### GIVEN INFORMATION

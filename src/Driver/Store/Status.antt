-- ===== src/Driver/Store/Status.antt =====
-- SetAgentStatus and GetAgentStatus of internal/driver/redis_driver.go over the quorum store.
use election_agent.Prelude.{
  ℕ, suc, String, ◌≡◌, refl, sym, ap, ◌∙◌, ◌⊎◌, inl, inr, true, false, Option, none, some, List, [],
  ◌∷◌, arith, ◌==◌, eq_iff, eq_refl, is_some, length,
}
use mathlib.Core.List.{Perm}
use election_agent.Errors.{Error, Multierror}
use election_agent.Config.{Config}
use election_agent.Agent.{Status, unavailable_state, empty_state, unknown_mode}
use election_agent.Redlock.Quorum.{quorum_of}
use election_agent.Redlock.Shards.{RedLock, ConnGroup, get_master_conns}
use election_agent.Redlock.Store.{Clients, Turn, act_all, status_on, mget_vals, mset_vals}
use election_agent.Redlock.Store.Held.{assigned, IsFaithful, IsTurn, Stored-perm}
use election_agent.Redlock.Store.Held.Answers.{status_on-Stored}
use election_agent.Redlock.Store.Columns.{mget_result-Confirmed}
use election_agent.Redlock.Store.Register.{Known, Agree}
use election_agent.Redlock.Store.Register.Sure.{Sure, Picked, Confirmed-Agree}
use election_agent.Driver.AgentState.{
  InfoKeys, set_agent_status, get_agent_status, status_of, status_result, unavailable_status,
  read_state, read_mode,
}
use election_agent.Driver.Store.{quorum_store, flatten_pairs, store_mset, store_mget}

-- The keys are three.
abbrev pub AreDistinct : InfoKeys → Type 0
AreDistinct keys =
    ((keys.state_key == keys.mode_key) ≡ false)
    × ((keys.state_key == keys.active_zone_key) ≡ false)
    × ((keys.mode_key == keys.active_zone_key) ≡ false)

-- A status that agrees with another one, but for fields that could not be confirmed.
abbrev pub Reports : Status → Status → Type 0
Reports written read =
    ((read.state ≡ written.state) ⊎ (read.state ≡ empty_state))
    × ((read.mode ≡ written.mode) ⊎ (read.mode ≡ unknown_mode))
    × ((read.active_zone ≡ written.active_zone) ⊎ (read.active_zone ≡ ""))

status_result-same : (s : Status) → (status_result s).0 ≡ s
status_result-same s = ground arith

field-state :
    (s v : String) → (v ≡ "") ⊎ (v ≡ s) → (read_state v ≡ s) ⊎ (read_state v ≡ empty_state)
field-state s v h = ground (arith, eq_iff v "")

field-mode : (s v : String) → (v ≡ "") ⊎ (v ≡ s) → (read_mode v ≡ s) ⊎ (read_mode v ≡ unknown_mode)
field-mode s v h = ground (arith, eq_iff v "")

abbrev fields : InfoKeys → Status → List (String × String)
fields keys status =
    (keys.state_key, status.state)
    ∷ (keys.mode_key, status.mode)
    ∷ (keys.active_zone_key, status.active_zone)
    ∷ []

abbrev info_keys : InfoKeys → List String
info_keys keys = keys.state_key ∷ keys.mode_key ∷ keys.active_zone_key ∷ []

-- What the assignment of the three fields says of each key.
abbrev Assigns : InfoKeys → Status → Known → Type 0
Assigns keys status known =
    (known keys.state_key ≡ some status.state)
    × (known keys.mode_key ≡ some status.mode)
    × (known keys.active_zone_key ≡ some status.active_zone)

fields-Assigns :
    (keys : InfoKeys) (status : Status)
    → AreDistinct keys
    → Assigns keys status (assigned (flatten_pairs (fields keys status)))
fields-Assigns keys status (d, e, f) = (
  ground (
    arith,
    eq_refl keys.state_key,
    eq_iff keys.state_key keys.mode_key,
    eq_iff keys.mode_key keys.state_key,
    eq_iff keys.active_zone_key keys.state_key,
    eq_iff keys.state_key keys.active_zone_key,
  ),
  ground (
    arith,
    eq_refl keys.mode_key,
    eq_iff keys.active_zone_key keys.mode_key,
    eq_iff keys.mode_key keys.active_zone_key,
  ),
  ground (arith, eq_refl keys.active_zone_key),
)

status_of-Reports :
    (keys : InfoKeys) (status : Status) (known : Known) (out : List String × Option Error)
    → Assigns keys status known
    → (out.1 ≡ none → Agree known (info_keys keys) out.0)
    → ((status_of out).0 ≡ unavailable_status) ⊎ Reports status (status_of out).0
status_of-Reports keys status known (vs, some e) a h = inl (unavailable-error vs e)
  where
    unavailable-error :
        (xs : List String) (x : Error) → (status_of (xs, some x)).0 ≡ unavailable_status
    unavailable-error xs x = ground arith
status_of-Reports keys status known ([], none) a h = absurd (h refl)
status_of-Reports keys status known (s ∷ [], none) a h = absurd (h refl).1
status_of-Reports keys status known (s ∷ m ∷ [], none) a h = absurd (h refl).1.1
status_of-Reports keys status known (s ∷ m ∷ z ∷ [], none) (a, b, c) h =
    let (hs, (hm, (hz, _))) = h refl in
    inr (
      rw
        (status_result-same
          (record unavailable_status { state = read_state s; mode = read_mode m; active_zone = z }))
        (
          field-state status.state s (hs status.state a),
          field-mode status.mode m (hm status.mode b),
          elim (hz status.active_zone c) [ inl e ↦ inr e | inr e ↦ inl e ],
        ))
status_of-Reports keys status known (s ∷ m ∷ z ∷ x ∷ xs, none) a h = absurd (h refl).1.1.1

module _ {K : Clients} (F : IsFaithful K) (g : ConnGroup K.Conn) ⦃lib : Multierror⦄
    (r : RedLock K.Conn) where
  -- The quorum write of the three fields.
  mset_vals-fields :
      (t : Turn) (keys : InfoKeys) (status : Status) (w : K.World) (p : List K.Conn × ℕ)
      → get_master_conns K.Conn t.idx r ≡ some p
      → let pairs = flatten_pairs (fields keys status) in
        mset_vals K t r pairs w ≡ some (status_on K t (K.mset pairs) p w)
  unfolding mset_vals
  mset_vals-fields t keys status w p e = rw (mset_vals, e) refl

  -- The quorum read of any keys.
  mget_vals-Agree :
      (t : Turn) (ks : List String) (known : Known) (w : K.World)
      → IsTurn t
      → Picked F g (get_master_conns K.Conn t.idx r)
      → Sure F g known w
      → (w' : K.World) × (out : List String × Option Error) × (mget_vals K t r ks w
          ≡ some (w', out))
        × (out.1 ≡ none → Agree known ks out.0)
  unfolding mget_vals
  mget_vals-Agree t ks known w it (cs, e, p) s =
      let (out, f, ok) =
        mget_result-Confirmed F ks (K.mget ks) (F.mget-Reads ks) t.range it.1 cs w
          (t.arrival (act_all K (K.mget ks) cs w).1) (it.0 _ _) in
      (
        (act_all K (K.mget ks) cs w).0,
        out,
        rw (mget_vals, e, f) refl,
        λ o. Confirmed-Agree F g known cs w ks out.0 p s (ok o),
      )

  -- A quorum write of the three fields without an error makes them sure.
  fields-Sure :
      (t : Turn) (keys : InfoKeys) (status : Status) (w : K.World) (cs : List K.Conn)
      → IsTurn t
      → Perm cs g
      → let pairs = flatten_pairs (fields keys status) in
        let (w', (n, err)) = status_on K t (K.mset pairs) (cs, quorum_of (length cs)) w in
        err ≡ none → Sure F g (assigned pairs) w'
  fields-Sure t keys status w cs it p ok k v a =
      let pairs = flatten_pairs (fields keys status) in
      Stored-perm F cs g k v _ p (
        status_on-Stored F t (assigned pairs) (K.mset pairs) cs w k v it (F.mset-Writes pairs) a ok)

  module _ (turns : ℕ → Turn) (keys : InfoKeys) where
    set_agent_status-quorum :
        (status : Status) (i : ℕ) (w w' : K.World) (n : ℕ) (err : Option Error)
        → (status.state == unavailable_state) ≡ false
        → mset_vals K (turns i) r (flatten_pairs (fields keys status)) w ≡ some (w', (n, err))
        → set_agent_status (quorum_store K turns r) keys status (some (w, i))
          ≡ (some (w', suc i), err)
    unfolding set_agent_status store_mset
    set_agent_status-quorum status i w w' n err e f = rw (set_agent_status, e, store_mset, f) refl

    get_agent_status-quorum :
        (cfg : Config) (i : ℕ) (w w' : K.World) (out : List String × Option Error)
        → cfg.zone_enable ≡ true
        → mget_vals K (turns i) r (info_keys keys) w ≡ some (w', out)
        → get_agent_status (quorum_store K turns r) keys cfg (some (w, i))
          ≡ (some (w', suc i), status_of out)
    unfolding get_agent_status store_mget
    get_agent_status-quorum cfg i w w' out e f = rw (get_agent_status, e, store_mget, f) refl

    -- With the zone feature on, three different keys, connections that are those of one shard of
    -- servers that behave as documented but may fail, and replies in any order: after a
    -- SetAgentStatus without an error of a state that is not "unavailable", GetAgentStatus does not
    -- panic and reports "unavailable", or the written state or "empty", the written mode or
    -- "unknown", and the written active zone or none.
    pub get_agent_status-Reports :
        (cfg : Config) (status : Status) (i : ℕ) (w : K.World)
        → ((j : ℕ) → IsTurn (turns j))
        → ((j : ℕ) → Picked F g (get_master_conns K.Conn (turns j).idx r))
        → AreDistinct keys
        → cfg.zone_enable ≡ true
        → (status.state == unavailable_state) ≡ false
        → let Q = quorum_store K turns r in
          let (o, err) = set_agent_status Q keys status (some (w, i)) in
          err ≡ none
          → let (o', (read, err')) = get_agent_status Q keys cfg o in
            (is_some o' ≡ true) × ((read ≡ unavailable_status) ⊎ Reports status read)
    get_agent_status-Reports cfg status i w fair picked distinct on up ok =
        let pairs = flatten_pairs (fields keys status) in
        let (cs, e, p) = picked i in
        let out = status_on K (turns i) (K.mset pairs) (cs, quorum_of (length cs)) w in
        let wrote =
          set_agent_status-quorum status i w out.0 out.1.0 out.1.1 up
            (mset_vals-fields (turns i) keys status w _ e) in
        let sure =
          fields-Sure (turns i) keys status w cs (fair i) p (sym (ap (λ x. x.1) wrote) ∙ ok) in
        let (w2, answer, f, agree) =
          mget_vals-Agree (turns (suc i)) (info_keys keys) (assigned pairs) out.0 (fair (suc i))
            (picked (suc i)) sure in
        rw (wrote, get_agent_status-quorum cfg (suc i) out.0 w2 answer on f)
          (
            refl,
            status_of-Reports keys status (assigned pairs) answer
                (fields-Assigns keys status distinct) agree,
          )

######

PROBLEM TO WORK ON -
Work through the records above and count the lines that hold the string "World". Please give only that figure.

ANSWER TO THE PROBLEM -
7